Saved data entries
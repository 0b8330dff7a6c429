-- ===== src/Core/Wasm.antt =====
-- The check of the Wasm magic bytes that the control plane, the instance service, the node agent
-- and the runtime each make:
-- `module_bytes.len() < 4 || &module_bytes[0..4] != &[0x00, 0x61, 0x73, 0x6d]`.
use wasmatrix.Prelude.{
  ℕ, ◌≡◌, ◌↔◌, refl, Bool, false, not, ◌||◌, List, [], ◌∷◌, length, ltb, take, same_bytes, is_empty,
  arith, ◌++◌,
}

abbrev pub magic : List ℕ
magic = 0x00 ∷ 0x61 ∷ 0x73 ∷ 0x6d ∷ []

unfoldable pub lacks_magic : List ℕ → Bool
unfolding same_bytes
lacks_magic bytes = ltb (length bytes) 4 || not (same_bytes (take 4 bytes) magic)

-- The check passes exactly the byte vectors that begin with the four magic bytes.
pub lacks_magic_iff :
    (bytes : List ℕ) → (lacks_magic bytes ≡ false) ↔ ((rest : List ℕ) × (bytes ≡ magic ++ rest))
unfolding lacks_magic
lacks_magic_iff [] = (λ h. absurd (ground arith), λ (r, e). absurd (ground arith))
lacks_magic_iff (a ∷ b ∷ c ∷ d ∷ rest) = (λ h. (rest, ground arith), λ (r, e). ground arith)
lacks_magic_iff bytes = (λ h. absurd (ground arith), λ (r, e). absurd (ground arith))

pub is_empty_of_magic : (bytes : List ℕ) → lacks_magic bytes ≡ false → is_empty bytes ≡ false
unfolding lacks_magic
is_empty_of_magic [] h = absurd (ground arith)
is_empty_of_magic (b ∷ bytes) h = refl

* _What is required_
Wherever the word "Bool" turns up in the records, copy out the line it is on.

* _Exercise output_
  ℕ, ◌≡◌, ◌↔◌, refl, Bool, false, not, ◌||◌, List, [], ◌∷◌, length, ltb, take, same_bytes, is_empty,
unfoldable pub lacks_magic : List ℕ → Bool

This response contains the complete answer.